Dataset entries:
# # # # #

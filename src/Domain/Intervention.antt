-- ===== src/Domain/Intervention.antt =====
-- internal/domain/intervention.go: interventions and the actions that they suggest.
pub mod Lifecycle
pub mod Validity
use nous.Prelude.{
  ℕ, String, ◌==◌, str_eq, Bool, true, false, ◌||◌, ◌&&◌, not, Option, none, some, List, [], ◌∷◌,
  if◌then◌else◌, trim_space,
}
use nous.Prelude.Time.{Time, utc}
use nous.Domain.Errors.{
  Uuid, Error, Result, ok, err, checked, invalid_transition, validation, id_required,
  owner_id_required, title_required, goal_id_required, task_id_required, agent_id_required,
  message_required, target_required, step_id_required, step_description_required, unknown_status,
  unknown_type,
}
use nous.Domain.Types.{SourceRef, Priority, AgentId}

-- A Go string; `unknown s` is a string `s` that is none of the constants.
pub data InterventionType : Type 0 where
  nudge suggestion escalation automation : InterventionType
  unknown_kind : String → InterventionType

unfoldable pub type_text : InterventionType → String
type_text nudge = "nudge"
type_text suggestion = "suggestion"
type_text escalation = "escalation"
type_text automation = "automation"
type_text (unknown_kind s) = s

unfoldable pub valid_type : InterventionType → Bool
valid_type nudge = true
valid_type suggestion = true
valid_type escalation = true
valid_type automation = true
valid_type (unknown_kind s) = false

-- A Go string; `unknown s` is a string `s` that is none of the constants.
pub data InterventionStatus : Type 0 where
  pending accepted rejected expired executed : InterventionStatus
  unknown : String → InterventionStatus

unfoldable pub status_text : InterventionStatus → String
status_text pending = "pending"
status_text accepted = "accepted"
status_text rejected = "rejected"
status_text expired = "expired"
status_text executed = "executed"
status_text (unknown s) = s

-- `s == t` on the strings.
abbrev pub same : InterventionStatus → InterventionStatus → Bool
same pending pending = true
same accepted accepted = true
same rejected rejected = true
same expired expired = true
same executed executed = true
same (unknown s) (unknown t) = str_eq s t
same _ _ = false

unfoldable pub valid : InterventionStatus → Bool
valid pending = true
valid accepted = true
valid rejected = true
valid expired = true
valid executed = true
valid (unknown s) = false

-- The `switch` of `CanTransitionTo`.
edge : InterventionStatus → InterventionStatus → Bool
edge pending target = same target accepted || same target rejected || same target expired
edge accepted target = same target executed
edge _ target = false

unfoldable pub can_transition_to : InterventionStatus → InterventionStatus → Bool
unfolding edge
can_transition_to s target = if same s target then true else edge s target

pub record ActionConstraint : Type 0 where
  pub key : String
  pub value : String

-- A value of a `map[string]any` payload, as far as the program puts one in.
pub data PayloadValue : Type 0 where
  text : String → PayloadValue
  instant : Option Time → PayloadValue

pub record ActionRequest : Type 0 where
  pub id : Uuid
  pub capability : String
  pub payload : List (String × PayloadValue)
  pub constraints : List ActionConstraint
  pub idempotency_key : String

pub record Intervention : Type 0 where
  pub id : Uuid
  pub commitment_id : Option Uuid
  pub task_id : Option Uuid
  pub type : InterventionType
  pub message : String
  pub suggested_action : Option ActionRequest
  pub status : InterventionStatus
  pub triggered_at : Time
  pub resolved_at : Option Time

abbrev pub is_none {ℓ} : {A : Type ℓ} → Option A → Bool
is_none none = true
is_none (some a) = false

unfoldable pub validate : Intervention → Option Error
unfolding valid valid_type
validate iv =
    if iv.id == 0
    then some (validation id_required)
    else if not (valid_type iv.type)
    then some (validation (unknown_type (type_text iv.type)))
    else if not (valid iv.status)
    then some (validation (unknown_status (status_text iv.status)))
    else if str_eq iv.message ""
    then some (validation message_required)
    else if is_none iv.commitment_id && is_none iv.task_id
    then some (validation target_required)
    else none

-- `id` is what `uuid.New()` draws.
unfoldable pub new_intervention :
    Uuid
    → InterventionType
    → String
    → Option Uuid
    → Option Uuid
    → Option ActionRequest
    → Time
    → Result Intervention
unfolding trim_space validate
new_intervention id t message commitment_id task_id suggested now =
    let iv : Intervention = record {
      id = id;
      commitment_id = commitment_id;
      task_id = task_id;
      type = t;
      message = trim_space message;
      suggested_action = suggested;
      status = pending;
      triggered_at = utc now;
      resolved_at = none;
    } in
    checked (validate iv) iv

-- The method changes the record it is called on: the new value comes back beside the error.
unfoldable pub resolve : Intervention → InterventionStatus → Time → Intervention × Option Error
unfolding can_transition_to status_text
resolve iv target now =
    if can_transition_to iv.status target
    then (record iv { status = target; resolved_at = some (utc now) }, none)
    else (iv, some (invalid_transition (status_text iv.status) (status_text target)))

# # # # #

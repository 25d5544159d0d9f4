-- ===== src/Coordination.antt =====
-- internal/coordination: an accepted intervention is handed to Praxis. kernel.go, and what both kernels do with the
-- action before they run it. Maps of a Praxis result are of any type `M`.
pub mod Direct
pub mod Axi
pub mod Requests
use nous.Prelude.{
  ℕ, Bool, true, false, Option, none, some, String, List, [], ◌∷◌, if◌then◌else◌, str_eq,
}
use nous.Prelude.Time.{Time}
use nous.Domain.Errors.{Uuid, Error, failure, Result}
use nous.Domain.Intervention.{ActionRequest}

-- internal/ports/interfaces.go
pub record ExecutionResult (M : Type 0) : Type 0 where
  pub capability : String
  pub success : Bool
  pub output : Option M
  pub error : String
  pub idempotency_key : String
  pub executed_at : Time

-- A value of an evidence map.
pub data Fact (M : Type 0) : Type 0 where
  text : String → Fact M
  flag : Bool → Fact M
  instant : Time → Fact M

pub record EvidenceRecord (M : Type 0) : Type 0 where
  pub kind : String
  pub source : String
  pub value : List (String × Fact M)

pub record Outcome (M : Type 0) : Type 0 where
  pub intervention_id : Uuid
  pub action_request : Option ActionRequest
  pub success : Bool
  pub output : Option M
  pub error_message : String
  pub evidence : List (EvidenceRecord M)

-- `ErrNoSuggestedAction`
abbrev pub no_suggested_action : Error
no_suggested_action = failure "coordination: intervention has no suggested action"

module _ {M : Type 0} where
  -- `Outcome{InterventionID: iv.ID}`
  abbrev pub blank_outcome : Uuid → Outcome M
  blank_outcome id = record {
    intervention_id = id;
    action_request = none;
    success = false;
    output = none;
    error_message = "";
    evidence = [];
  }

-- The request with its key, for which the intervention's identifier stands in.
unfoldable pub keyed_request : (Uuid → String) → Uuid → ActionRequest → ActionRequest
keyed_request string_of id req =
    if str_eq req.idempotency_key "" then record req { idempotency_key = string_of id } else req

# # # # #

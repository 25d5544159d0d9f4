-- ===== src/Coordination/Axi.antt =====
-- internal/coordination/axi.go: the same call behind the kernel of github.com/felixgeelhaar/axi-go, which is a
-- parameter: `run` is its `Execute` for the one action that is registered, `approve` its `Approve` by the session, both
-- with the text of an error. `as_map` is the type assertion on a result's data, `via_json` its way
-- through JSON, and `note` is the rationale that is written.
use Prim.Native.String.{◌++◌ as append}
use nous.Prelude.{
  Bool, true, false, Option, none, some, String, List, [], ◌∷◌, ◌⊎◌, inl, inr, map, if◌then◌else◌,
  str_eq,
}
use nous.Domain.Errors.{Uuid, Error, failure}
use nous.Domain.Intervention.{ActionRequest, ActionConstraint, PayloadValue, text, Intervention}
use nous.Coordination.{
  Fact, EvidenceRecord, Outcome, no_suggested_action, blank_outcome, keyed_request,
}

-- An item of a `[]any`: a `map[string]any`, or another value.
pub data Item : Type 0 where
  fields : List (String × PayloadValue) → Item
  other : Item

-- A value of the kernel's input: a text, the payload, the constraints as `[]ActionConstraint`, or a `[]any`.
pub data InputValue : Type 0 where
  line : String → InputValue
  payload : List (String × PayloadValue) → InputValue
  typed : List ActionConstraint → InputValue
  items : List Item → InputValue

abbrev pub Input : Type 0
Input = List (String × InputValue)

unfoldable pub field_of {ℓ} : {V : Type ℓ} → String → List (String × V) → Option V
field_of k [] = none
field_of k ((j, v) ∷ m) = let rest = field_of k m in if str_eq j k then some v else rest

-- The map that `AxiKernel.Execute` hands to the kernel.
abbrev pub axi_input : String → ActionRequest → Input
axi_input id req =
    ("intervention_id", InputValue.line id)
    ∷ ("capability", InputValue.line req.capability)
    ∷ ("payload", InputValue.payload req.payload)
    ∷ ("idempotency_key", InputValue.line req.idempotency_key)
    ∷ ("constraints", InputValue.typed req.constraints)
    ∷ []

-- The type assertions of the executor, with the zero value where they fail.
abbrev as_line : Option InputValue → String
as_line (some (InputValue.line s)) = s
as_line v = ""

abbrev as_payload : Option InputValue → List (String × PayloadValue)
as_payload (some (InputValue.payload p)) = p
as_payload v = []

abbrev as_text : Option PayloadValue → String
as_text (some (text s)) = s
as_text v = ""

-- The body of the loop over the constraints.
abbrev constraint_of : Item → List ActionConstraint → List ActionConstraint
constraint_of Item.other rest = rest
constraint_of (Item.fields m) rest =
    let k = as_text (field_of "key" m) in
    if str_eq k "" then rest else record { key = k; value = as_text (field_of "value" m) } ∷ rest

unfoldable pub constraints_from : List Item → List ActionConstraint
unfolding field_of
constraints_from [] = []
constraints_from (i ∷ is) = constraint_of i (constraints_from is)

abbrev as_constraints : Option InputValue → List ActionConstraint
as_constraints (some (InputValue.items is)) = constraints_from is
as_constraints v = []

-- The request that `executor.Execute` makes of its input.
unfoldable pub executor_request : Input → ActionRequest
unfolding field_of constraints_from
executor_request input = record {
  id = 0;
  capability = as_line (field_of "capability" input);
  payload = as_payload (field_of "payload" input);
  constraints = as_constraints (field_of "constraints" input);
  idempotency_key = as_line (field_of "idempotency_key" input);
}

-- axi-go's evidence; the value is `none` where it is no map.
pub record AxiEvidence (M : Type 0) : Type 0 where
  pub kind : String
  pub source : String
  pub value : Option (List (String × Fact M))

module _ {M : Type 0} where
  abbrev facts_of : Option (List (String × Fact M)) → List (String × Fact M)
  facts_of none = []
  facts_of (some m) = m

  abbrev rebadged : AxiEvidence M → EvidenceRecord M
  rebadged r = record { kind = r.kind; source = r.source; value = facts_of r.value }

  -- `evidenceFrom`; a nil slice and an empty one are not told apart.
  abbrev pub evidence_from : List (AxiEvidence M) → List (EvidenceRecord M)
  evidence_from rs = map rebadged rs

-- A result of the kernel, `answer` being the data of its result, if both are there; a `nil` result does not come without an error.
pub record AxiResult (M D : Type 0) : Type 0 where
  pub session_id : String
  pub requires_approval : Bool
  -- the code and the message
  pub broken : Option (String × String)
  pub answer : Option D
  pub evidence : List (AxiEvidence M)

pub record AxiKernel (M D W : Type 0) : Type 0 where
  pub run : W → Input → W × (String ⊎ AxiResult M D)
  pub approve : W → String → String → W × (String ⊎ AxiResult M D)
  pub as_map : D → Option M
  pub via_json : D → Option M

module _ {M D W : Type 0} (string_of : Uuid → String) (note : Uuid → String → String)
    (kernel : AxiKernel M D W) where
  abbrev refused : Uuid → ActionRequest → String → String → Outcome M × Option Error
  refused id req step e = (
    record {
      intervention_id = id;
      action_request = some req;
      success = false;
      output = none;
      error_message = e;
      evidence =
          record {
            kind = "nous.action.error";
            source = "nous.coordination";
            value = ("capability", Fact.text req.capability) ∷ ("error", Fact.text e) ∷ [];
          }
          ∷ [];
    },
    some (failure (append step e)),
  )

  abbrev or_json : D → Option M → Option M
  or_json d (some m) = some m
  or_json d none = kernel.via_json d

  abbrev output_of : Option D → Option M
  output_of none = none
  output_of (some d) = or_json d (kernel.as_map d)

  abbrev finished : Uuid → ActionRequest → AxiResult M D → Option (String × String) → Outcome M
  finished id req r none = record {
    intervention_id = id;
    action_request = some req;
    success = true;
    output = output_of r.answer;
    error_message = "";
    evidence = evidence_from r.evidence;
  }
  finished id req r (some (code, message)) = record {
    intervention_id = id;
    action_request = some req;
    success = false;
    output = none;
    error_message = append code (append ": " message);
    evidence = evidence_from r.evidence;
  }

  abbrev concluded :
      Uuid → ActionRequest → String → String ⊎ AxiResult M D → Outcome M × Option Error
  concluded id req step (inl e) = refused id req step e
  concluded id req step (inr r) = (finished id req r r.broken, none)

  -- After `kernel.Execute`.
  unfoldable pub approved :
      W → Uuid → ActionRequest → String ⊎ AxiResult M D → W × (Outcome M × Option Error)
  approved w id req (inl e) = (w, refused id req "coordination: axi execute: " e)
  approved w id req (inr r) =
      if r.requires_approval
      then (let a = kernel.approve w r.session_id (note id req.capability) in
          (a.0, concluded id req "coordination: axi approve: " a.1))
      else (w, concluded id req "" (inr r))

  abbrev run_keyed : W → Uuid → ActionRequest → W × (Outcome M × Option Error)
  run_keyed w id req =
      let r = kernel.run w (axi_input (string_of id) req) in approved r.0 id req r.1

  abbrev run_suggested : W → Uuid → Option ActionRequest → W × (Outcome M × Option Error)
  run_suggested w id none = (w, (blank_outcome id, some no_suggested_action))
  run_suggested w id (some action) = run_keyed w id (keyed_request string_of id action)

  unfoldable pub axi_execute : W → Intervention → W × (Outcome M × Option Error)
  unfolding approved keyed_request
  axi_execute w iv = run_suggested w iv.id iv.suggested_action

# # # # #

* _Task_: Given the data above, transcribe exactly the lines from the one containing "valid pending = true" down to the one containing "edge accepted target = same target executed", and no others.

* _Expected output_:
valid pending = true
valid accepted = true
valid rejected = true
valid expired = true
valid executed = true
valid (unknown s) = false

-- The `switch` of `CanTransitionTo`.
edge : InterventionStatus → InterventionStatus → Bool
edge pending target = same target accepted || same target rejected || same target expired
edge accepted target = same target executed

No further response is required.